THE TASK
Find the word "that" in the data, then copy each line where it is found.

[Saved data entries]
= Beginning of Section =

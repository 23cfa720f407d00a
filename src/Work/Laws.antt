-- ===== src/Work/Laws.antt =====
-- The states of the busy work, and the rounds that the calibration chooses.
use concurrent_queue_evaluat.Base.{
  ℕ, zero, suc, ◌+◌, ◌-◌, ◌*◌, ◌/◌, ◌%◌, ◌^◌, ◌<◌, ◌≤◌, ◌≡◌, sym, ap, ◌∙◌, some, arith,
}
use concurrent_queue_evaluat.Work.{
  increment, work_step, do_work, cal_iters, calibrate_work_iters, warm_state,
}

-- The inverse of the multiplier modulo 2 ^ 64.
abbrev inverse : ℕ
inverse = 13877824140714322085

undo : ℕ → ℕ
undo x = ((x + 2 ^ 64 - increment) * inverse) % 2 ^ 64

undo-work_step : (s : ℕ) → s < 2 ^ 64 → undo (work_step s) ≡ s
unfolding undo work_step
undo-work_step s h = omega arith

work_step-lt : (s : ℕ) → work_step s < 2 ^ 64
unfolding work_step
work_step-lt s = omega arith

-- Different 64-bit seeds stay different: `do_work` loses none of the state.
pub do_work-injective :
    (s s' n : ℕ) → s < 2 ^ 64 → s' < 2 ^ 64 → do_work s n ≡ do_work s' n → s ≡ s'
unfolding do_work
do_work-injective s s' zero h h' e = e
do_work-injective s s' (suc n) h h' e =
    let steps : work_step s ≡ work_step s' =
      do_work-injective (work_step s) (work_step s') n (work_step-lt s) (work_step-lt s') e in
    sym (undo-work_step s h) ∙ ap undo steps ∙ undo-work_step s' h'

div_bounds : (a b : ℕ) → 0 < b → (a / b * b ≤ a) × (a < (a / b + 1) * b)
div_bounds a b h = (grind arith, grind arith)

-- Where the target is not 0 and the product fits into 64 bits, the calibrated number of rounds is the
-- largest whose time, at the speed measured in the run after the warm-up, is at most the target.
pub calibrate-fits :
    (elapsed : (state iters : ℕ) → ℕ) (target_ns iters : ℕ)
    → cal_iters * target_ns < 2 ^ 64
    → 0 < target_ns
    → calibrate_work_iters elapsed target_ns ≡ some iters
    → (iters * elapsed warm_state cal_iters ≤ cal_iters * target_ns)
      × (cal_iters * target_ns < (iters + 1) * elapsed warm_state cal_iters)
unfolding calibrate_work_iters
calibrate-fits elapsed target iters h pos e =
    let ns = elapsed warm_state cal_iters in ground (arith, div_bounds (cal_iters * target) ns)
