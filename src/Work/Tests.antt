-- ===== src/Work/Tests.antt =====
-- Runs of work.hpp, and its theorems at them.
use concurrent_queue_evaluat.Base.{ℕ, ◌+◌, ◌-◌, ◌*◌, ◌^◌, ◌≤◌, ◌<◌, ◌≡◌, refl, arith}
use concurrent_queue_evaluat.Work.{work_step, do_work, cal_iters, calibrate_work_iters}
use concurrent_queue_evaluat.Work.Laws.{do_work-injective, calibrate-fits}

first_state : do_work 22 1 ≡ (22 * 6364136223846793005 + 9754186451795953191) - 8 * 2 ^ 64
unfolding do_work work_step
first_state = refl

do_work-injective_example : ◌≡◌ {A = ℕ} 22 22
do_work-injective_example = do_work-injective 22 22 3 (omega arith) (omega arith) refl

calibrate-fits_example :
    (80 * 2_500_000 ≤ cal_iters * 100) × (cal_iters * 100 < (80 + 1) * 2_500_000)
unfolding calibrate_work_iters
calibrate-fits_example =
    calibrate-fits (λ state iters. 2_500_000) 100 80 (omega arith) (omega arith) refl
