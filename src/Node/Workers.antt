-- ===== src/Node/Workers.antt =====
-- `poll_funcx_task_socket`: what the workers of a node send. What the handling raises is logged, and
-- the changes that it has made stay.
use func_x.Prelude.{ℕ, String, [], ◌∷◌, ◌++◌}
use func_x.Prelude.Dict.{get?, remove}
use func_x.Prelude.Python.{
  key_error, Result, raise, return, Action, get, modify, pure, throw, lift, or_raise, ◌>>=◌, ◌>>◌,
}
use func_x.WorkerMap.{register_worker, put_worker, remove_worker}
use func_x.Htex.{TaskResult}
use func_x.Node.{Node, packed, on_workers, remove_task}

pub data WorkerMessage : Type 0 where
  register_msg : (worker_type : String) → WorkerMessage
  task_ret : TaskResult → WorkerMessage
  wrkr_die : WorkerMessage
  other : WorkerMessage

-- The `else` of the `try` around remove_task: the result is passed on, and the worker is free.
abbrev pub pass_result : String → TaskResult → Action Node (Unit {0})
pass_result w_id message = do
  modify (λ s. record s { pending_result_queue = s.pending_result_queue ++ packed message ∷ [] })
  on_workers (put_worker w_id)

abbrev pub after_removal : String → TaskResult → Result (Unit {0}) → Action Node (Unit {0})
after_removal w_id message (raise key_error) = pure tt
after_removal w_id message (raise e) = throw e
after_removal w_id message (return _) = pass_result w_id message

abbrev pub drop_worker : String → Action Node (Unit {0})
drop_worker w_id = do
  on_workers (remove_worker w_id)
  s ← get
  proc ← lift (or_raise key_error (get? w_id s.worker_procs))
  modify (λ s. record s { worker_procs = remove w_id s.worker_procs })

unfoldable pub handle_worker : String → WorkerMessage → ℕ → Action Node (Unit {0})
unfolding remove_task
handle_worker w_id (register_msg worker_type) now s =
    (return tt, record s { worker_map = register_worker w_id worker_type now s.worker_map })
handle_worker w_id (task_ret message) now s =
    let (r, s') = remove_task message.task_id s in after_removal w_id message r s'
handle_worker w_id wrkr_die now s = drop_worker w_id s
handle_worker w_id other now s = (return tt, s)

unfoldable pub poll_funcx_task_socket : String → WorkerMessage → ℕ → Node → Node
unfolding handle_worker
poll_funcx_task_socket w_id message now s = (handle_worker w_id message now s).1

= End of Section =

ANSWER BOX
-- The states of the busy work, and the rounds that the calibration chooses.
-- the changes that it has made stay.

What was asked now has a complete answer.